When you’re a assigned to write a speech, it is easy to become overwhelmed. Rather than giving in to that fear, take things one step at time. Consider these 5 practical tips for preparing a speech:
- Remember that you’re the expert. Start with the knowledge and experience that you already have. Using that as your starting point, you can build from there — adding both research and creativity. In other words, avoid the temptation of doubting yourself and starting from scratch; instead, begin with your background and experience, and then expand from there.
- Think in terms of “blocks,” sections, or segments. Rather than planning out the entire speech at once, think in terms of 3-5 parts that you can tie together into a whole. Take your audience on a journey by tying those parts together.
- Outline your ideas ahead of time.

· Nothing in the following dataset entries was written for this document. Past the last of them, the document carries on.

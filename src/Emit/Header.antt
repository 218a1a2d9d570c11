-- ===== src/Emit/Header.antt =====
-- Reading of what `Bytecode::emit` wrote: `decodeHeader` on the new code.
use mathlib.Core.List.{append_assoc, append-nil}
use jerryscript_optimizer.Prelude.{
  ℕ, ◌+◌, ◌-◌, ◌*◌, ◌/◌, ◌%◌, ◌^◌, ◌≤◌, ◌<◌, ◌≡◌, some, refl, sym, ap, ◌∙◌, Bool, true, false, List,
  ◌++◌, length, length-append, drop, drop-append, arith,
}
use jerryscript_optimizer.Inst.{Ins}
use jerryscript_optimizer.Bytecode.{
  CbcMacros, CbcArguments, BytecodeArguments, BytecodeFlags, set_arguments, to_u8args, to_u16args,
  set_encoding, set_literal_pool, end_info, byte_code_end,
}
use jerryscript_optimizer.Bytecode.Arguments.{IsOrdered}
use jerryscript_optimizer.Bytecode.Header.{
  FlagBits, Structures, Header, struct_size, read_block, uint16_arguments, full_literal_encoding,
  end_flags, decode_header,
}
use jerryscript_optimizer.Decoder.Opcode.{OpcodeMarks}
use jerryscript_optimizer.Emit.{Memory, Compiled, emit_header, emit_instructions, emit, take, zeros}
use jerryscript_optimizer.Emit.Layout.{
  RoundsUp, AreZero, emitted-IsLaidOut, IsLaidOut, take-append, length-zeros,
}

-- The bytes from `byteCodeStart()` on to the end that `hasNext()` tests.
pub byte_code : Header → List ℕ → List ℕ
byte_code h bytes = take (h.byte_code_end - h.byte_code_start) (drop h.byte_code_start bytes)

-- The fields are below a bound, and the value of the realm is a word of 32 bits.
abbrev pub IsBelow : ℕ → CbcArguments → Type 0
IsBelow n a =
    (a.argument_end < n)
    × (a.register_end < n)
    × (a.ident_end < n)
    × (a.const_literal_end < n)
    × (a.literal_end < n)
    × (a.stack_limit < n)
    × (a.realm_value < 2 ^ 32)

-- The blocks are read as they were written, and have the length of their structures.
pub record ReadsBack (memory : Memory) (s : Structures) : Type 0 where
  pub u8_back :
      (a : CbcArguments) (rest : List ℕ)
      → IsBelow (2 ^ 8) a
      → s.u8_arguments (memory.u8_bytes a ++ rest) ≡ a
  pub u16_back :
      (a : CbcArguments) (rest : List ℕ)
      → IsBelow (2 ^ 16) a
      → s.u16_arguments (memory.u16_bytes a ++ rest) ≡ a
  pub u8_length : (a : CbcArguments) → length (memory.u8_bytes a) ≡ s.u8_size
  pub u16_length : (a : CbcArguments) → length (memory.u16_bytes a) ≡ s.u16_size
  pub same_log : memory.alignment_log ≡ 3
  pub alignment : s.alignment_log ≡ 3

-- The ends are in order and fit the block, and the size is the block's.
pub record Fits (s : Structures) (wide : Bool) (a : BytecodeArguments) : Type 0 where
  pub ordered : IsOrdered a
  pub sized : a.size ≡ struct_size s wide
  pub small : struct_size s wide < 2 ^ 16
  pub stack : a.stack_limit < 2 ^ 16
  pub realm : a.realm_value < 2 ^ 32
  pub narrow : wide ≡ false → (a.literal_end < 2 ^ 8) × (a.stack_limit < 2 ^ 8)

-- What the two encodings do not set.
abbrev pub with_encoding : BytecodeArguments → BytecodeArguments → BytecodeArguments
with_encoding blank a = record a {
  encoding_limit = blank.encoding_limit;
  encoding_delta = blank.encoding_delta;
  one_byte_limit = blank.one_byte_limit;
}

set_encoding-with_encoding :
    (m : CbcMacros) (full : Bool) (blank a : BytecodeArguments)
    → set_encoding m full (with_encoding blank a) ≡ set_encoding m full a
unfolding set_encoding
set_encoding-with_encoding m true blank a = refl
set_encoding-with_encoding m false blank a = refl

module _ (memory : Memory) (s : Structures) (back : ReadsBack memory s)
    (blank a : BytecodeArguments) (pool rest : List ℕ) where
  arguments_back :
      (wide : Bool)
      → Fits s wide a
      → set_arguments blank
          (read_block s wide (emit_header memory wide a pool ++ rest))
          (struct_size s wide)
        ≡ with_encoding blank a
  unfolding emit_header set_arguments to_u8args to_u16args
  arguments_back true fits =
      let o = fits.ordered in
      let below : IsBelow (2 ^ 16) (to_u16args a) = (
        omega (arith, o.registers, o.idents, o.constants, o.literals, o.fits),
        omega (arith, o.idents, o.constants, o.literals, o.fits),
        omega (arith, o.constants, o.literals, o.fits),
        omega (arith, o.literals, o.fits),
        o.fits,
        fits.stack,
        fits.realm,
      ) in
      let split = append_assoc (memory.u16_bytes (to_u16args a)) pool rest in
      let read : s.u16_arguments (emit_header memory true a pool ++ rest) ≡ to_u16args a =
        ap s.u16_arguments split ∙ back.u16_back (to_u16args a) (pool ++ rest) below in
      let filled : set_arguments blank (to_u16args a) s.u16_size ≡ with_encoding blank a =
        ground (arith, fits.sized, fits.small) in
      ap (λ x. set_arguments blank x s.u16_size) read ∙ filled
  arguments_back false fits =
      let o = fits.ordered in
      let (low, low_stack) = fits.narrow refl in
      let below : IsBelow (2 ^ 8) (to_u8args a) = ground (arith, fits.realm) in
      let split = append_assoc (memory.u8_bytes (to_u8args a)) pool rest in
      let read : s.u8_arguments (emit_header memory false a pool ++ rest) ≡ to_u8args a =
        ap s.u8_arguments split ∙ back.u8_back (to_u8args a) (pool ++ rest) below in
      let filled : set_arguments blank (to_u8args a) s.u8_size ≡ with_encoding blank a = ground (
        arith, fits.sized, fits.small, o.registers, o.idents, o.constants, o.literals, low,
        low_stack,
      ) in
      ap (λ x. set_arguments blank x s.u8_size) read ∙ filled

length-header :
    (memory : Memory) (s : Structures) (wide : Bool) (a : BytecodeArguments) (pool : List ℕ)
    → ReadsBack memory s
    → length (emit_header memory wide a pool) ≡ struct_size s wide + length pool
unfolding emit_header
length-header memory s true a pool back =
    omega
      (arith, length-append (memory.u16_bytes (to_u16args a)) pool, back.u16_length (to_u16args a))
length-header memory s false a pool back =
    omega (arith, length-append (memory.u8_bytes (to_u8args a)) pool, back.u8_length (to_u8args a))

end_info_same :
    (v : ℕ) (flags : BytecodeFlags) (m : CbcMacros) (full : Bool) (a : BytecodeArguments)
    → end_info v flags (set_encoding m full a) ≡ end_info v flags a
unfolding end_info set_encoding
end_info_same v flags m true a = refl
end_info_same v flags m false a = refl

-- A part of a list, behind what stands in front of it.
slice :
    (front code back : List ℕ) (n : ℕ)
    → n ≡ length code
    → take n (drop (length front) (front ++ (code ++ back))) ≡ code
unfolding take
slice front code back n e =
    let cut = ap (take n) (drop-append front (code ++ back)) in
    let more : n ≡ length code + 0 = omega arith in
    cut ∙ take-append code back 0 n more ∙ append-nil code

-- What `decodeHeader` makes of code that is laid out.
header_back :
    (bits : FlagBits) (s : Structures) (m : CbcMacros) (k : OpcodeMarks) (ext_line : ℕ)
    (memory : Memory) (flags : ℕ) (blank a : BytecodeArguments) (pool old : List ℕ)
    (insns : List Ins) (e : Compiled)
    → ReadsBack memory s
    → Fits s (uint16_arguments bits flags) a
    → length pool ≡ (a.literal_end - a.register_end) * s.value_size
    → length e.bytes < 2 ^ 19
    → (l : IsLaidOut m k ext_line memory
        (uint16_arguments bits flags)
        a
        pool
        (end_info s.value_size (end_flags bits flags) a)
        old
        insns
        e)
    → let h = decode_header bits s m blank flags e.size e.bytes in
      (h.args ≡ set_encoding m (full_literal_encoding bits flags) a)
      × (h.literal_pool_size ≡ a.literal_end - a.register_end)
      × (byte_code h e.bytes ≡ l.code ++ zeros l.pad)
unfolding decode_header byte_code byte_code_end set_literal_pool
header_back bits s m k ext_line memory flags blank a pool old insns e back fits sized few l =
    let wide = uint16_arguments bits flags in
    let full = full_literal_encoding bits flags in
    let end = end_info s.value_size (end_flags bits flags) a in
    let header = emit_header memory wide a pool in
    let tail = drop (length old - end) old in
    let rest : List ℕ = l.code ++ (zeros l.pad ++ tail) in
    let parts : e.bytes ≡ header ++ rest =
      l.parts ∙ append_assoc header l.code (zeros l.pad ++ tail) in
    let read : set_arguments blank (read_block s wide e.bytes) (struct_size s wide)
        ≡ with_encoding blank a =
      ap (λ bytes. set_arguments blank (read_block s wide bytes) (struct_size s wide)) parts
      ∙ arguments_back memory s back blank a pool rest wide fits in
    let args = ap (set_encoding m full) read ∙ set_encoding-with_encoding m full blank a in
    let o = fits.ordered in
    let count_read =
      ap (λ (x : BytecodeArguments). (x.literal_end + 2 ^ 16 - x.register_end) % 2 ^ 16) read in
    let count : (a.literal_end + 2 ^ 16 - a.register_end) % 2 ^ 16
        ≡ a.literal_end - a.register_end =
      omega (arith, o.fits, o.literals, o.constants, o.idents) in
    let start = length-header memory s wide a pool back ∙ ap (λ n. struct_size s wide + n) sized in
    let units : e.size ≡ length e.bytes / 2 ^ 3 % 2 ^ 16 = rw back.same_log at l.units in
    let whole : length e.bytes % 2 ^ 3 ≡ 0 = rw back.same_log at l.whole in
    let size : e.size * 2 ^ 3 ≡ length e.bytes = omega (arith, units, whole, few) in
    let both = length-append l.code (zeros l.pad) in
    let pads = length-zeros l.pad in
    let room : e.size * 2 ^ 3 - end - length header ≡ length (l.code ++ zeros l.pad) =
      omega (arith, size, l.total, both, pads) in
    let shape : e.bytes ≡ header ++ ((l.code ++ zeros l.pad) ++ tail) =
      parts ∙ ap (λ x. header ++ x) (sym (append_assoc l.code (zeros l.pad) tail)) in
    let cut =
      ap (λ bytes. take (e.size * 2 ^ 3 - end - length header) (drop (length header) bytes)) shape
      ∙ slice header (l.code ++ zeros l.pad) tail (e.size * 2 ^ 3 - end - length header) room in
    let ends =
      ap (end_info s.value_size (end_flags bits flags)) args
      ∙ end_info_same s.value_size (end_flags bits flags) m full a in
    (args, count_read ∙ count, rw (ends, count_read, count, sym start, back.alignment) cut)

-- Where the blocks are read as they were written and the alignment is 8 bytes: when the ends are in
-- order and fit the block that the flags ask for, the pool has an entry for each literal behind the
-- registers, the end is as long as the flags say, and `emit` returned code of fewer than 2 ^ 16
-- units, `decodeHeader` on that code gives the block back, the value of the realm included, with the
-- encoding of the flags; and the byte code that is read next is the bytes of the instructions and
-- fewer zeros than the alignment.
pub decode_header-emit :
    (bits : FlagBits) (s : Structures) (m : CbcMacros) (k : OpcodeMarks) (ext_line : ℕ)
    (memory : Memory) (flags : ℕ) (blank a : BytecodeArguments) (pool old : List ℕ)
    (insns : List Ins) (e : Compiled)
    → ReadsBack memory s
    → AreZero k
    → RoundsUp memory
    → Fits s (uint16_arguments bits flags) a
    → length pool ≡ (a.literal_end - a.register_end) * s.value_size
    → end_info s.value_size (end_flags bits flags) a ≤ length old
    → emit m k ext_line memory
        (uint16_arguments bits flags)
        a
        pool
        (end_info s.value_size (end_flags bits flags) a)
        old
        insns
      ≡ some e
    → length e.bytes < 2 ^ 19
    → let h = decode_header bits s m blank flags e.size e.bytes in
      (h.args ≡ set_encoding m (full_literal_encoding bits flags) a)
      × (h.literal_pool_size ≡ a.literal_end - a.register_end)
      × ((code : List ℕ) × (pad : ℕ) × (emit_instructions m k ext_line a insns ≡ some code)
          × (pad < 8)
          × (byte_code h e.bytes ≡ code ++ zeros pad))
decode_header-emit bits s m k ext_line memory flags blank a pool old insns e back marks up fits
      sized enough run few =
    let end = end_info s.value_size (end_flags bits flags) a in
    let l =
      emitted-IsLaidOut m k ext_line memory (uint16_arguments bits flags) a pool end old insns e
        marks up enough run in
    let (args, count, read) =
      header_back bits s m k ext_line memory flags blank a pool old insns e back fits sized few l in
    let short : l.pad < 8 = rw back.same_log at l.short in
    (args, count, (l.code, l.pad, l.written, short, read))
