-- ===== src/Emit/Examples.antt =====
-- The theorem on writing at a function of two instructions, the second a line number.
use jerryscript_optimizer.Prelude.{
  ℕ, ◌+◌, ◌*◌, ◌/◌, ◌<◌, ◌≡◌, refl, false, none, some, List, [], ◌∷◌, ◌++◌, arith, All,
}
use jerryscript_optimizer.Inst.{Ins, no_flags, OperandType}
use jerryscript_optimizer.Bytecode.{
  CbcMacros, CbcArguments, AreDocumented, BytecodeArguments, to_u8args, set_encoding, end_info,
}
use jerryscript_optimizer.Bytecode.Header.{FlagBits, Structures, decode_header}
use jerryscript_optimizer.Codec.{emit_line, emit_argument, emit_literals}
use jerryscript_optimizer.Decoder.Opcode.{OpcodeMarks, emit_opcode}
use jerryscript_optimizer.Emit.{
  Memory, Compiled, emit, emit_instructions, emit_ins, emit_header, finish_buffer, zeros, take,
}
use jerryscript_optimizer.Emit.Layout.{RoundsUp, AreZero, HasWords, IsLaidOut, emit-IsLaidOut}
use jerryscript_optimizer.Emit.Header.{ReadsBack, Fits, byte_code, decode_header-emit}

abbrev macros : CbcMacros
macros = record {
  small_literal_encoding_limit = 255;
  small_literal_encoding_delta = 0xfe01;
  full_literal_encoding_limit = 128;
  full_literal_encoding_delta = 0x8000;
  maximum_byte_value = 255;
  maximum_small_value = 510;
  maximum_full_value = 32767;
  lower_seven_bit_mask = 0x7f;
  highest_bit_mask = 0x80;
}

macros-AreDocumented : AreDocumented macros
macros-AreDocumented = record {
  small_limit = refl;
  small_delta = refl;
  full_limit = refl;
  full_delta = refl;
  byte_max = refl;
  small_max = refl;
  full_max = refl;
  seven_bits = refl;
  top_bit = refl;
}

abbrev marks : OpcodeMarks
marks = record { cbc_end = 0xba; ext_opcode = 0; ext_nop = 0 }

marks-AreZero : AreZero marks
marks-AreZero = record { prefix_zero = refl; nop_zero = refl }

abbrev block : CbcArguments → List ℕ
block a =
    a.stack_limit ∷ a.argument_end ∷ a.register_end ∷ a.ident_end ∷ a.const_literal_end
    ∷ a.literal_end ∷ a.realm_value ∷ []

abbrev memory : Memory
memory = record {
  u8_bytes = block;
  u16_bytes = block;
  align_up = λ n. (n + 7) / 8 * 8;
  alignment_log = 3;
}

memory-RoundsUp : RoundsUp memory
memory-RoundsUp = record {
  above = λ n. omega arith;
  near = λ n. omega arith;
  multiple = λ n. omega arith;
}

abbrev args : BytecodeArguments
args = record {
  argument_end = 1;
  register_end = 2;
  ident_end = 3;
  const_literal_end = 3;
  literal_end = 3;
  encoding_limit = 255;
  encoding_delta = 0xfe01;
  one_byte_limit = 254;
  stack_limit = 4;
  realm_value = 77;
  size = 7;
}

abbrev ins : ℕ → ℕ → Ins
ins opcode line = record {
  opcode = opcode;
  argument = record {
    operands = OperandType.no_operand;
    branch_offset = 0;
    line_info = line;
    byte_arg = none;
    literals = [];
  };
  flags = no_flags;
  offset = 0;
  size = 1;
  bb = 0;
  read_regs = [];
  write_reg = 0;
}

abbrev insns : List Ins
insns = ins 5 0 ∷ ins 300 17 ∷ []

words : All HasWords insns
words = ground arith

abbrev old : List ℕ
old = 1 ∷ 2 ∷ 3 ∷ 4 ∷ 5 ∷ 6 ∷ []

emit-IsLaidOut_example :
    (e : Compiled) × (emit macros marks 44 memory false args (7 ∷ 8 ∷ []) 4 old insns ≡ some e)
    × IsLaidOut macros marks 44 memory false args (7 ∷ 8 ∷ []) 4 old insns e
emit-IsLaidOut_example =
    emit-IsLaidOut macros marks 44 memory false args (7 ∷ 8 ∷ []) 4 old insns macros-AreDocumented
      marks-AreZero memory-RoundsUp (omega arith) words

-- Reading it back: a pool of one entry of 4 bytes, and flags of which only the name asks for an end.
abbrev bits : FlagBits
bits = record {
  has_extended_info = 1;
  has_tagged_literals = 2;
  uint16_arguments = 4;
  full_literal_encoding = 8;
  mapped_arguments_needed = 16;
  function_get_type = λ flags. 0;
  function_constructor = 1;
}

abbrev no_arguments : CbcArguments
no_arguments = record {
  argument_end = 0;
  register_end = 0;
  ident_end = 0;
  const_literal_end = 0;
  literal_end = 0;
  stack_limit = 0;
  realm_value = 0;
}

abbrev read : List ℕ → CbcArguments
read (stack ∷ argument ∷ register ∷ ident ∷ const_literal ∷ literal ∷ realm ∷ rest) = record {
  argument_end = argument;
  register_end = register;
  ident_end = ident;
  const_literal_end = const_literal;
  literal_end = literal;
  stack_limit = stack;
  realm_value = realm;
}
read _ = no_arguments

abbrev structures : Structures
structures = record {
  u8_arguments = read;
  u16_arguments = read;
  u8_size = 7;
  u16_size = 7;
  value_size = 4;
  alignment_log = 3;
}

structures-ReadsBack : ReadsBack memory structures
structures-ReadsBack = record {
  u8_back = λ a rest small. refl;
  u16_back = λ a rest small. refl;
  u8_length = λ a. refl;
  u16_length = λ a. refl;
  same_log = refl;
  alignment = refl;
}

args-Fits : Fits structures false args
args-Fits = record {
  ordered = record {
    registers = omega arith;
    idents = omega arith;
    constants = omega arith;
    literals = omega arith;
    fits = omega arith;
  };
  sized = refl;
  small = omega arith;
  stack = omega arith;
  realm = omega arith;
  narrow = λ e. (omega arith, omega arith);
}

abbrev pool : List ℕ
pool = 7 ∷ 8 ∷ 9 ∷ 10 ∷ []

abbrev written : Compiled
written = record {
  bytes =
      4 ∷ 1 ∷ 2 ∷ 3 ∷ 3 ∷ 3 ∷ 77 ∷ 7 ∷ 8 ∷ 9 ∷ 10 ∷ 5 ∷ 0 ∷ 44 ∷ 17 ∷ 0 ∷ 0 ∷ 0 ∷ 0 ∷ 0 ∷ 3 ∷ 4 ∷ 5
      ∷ 6 ∷ [];
  size = 3;
}

emit-written : emit macros marks 44 memory false args pool 4 old insns ≡ some written
unfolding emit emit_instructions emit_ins emit_header finish_buffer zeros take to_u8args emit_line
    emit_argument emit_literals emit_opcode
emit-written = refl

decode_header-emit_example :
    let h = decode_header bits structures macros args 0 written.size written.bytes in
    (h.args ≡ set_encoding macros false args)
    × (h.literal_pool_size ≡ 1)
    × ((code : List ℕ) × (pad : ℕ) × (emit_instructions macros marks 44 args insns ≡ some code)
        × (pad < 8)
        × (byte_code h written.bytes ≡ code ++ zeros pad))
unfolding end_info
decode_header-emit_example =
    decode_header-emit bits structures macros marks 44 memory 0 args args pool old insns written
      structures-ReadsBack marks-AreZero memory-RoundsUp args-Fits refl (omega arith) emit-written
      (omega arith)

Structuring your speech will help you guide the audience, but it will also be easier to fill in points and illustrations if you have an outline prepared. You will save lots of time and energy doing this.
- Write for the ear, not the eyes. Remember that people will not be reading your speech, but hearing it. For that reason, analyze every sentence by reading it aloud. If it seems complicated to a listening ear, be sure to shorten and/or simplify. The ear cannot handle lengthy or complex sentences, so in addition to listening to them audibly, look at each sentence visually.
- Ask someone to review your speech. Try to avoid friends and family members if possible (since their love for you might cloud their judgment), and for important projects, consult with a professor, a proofreader, or an editor.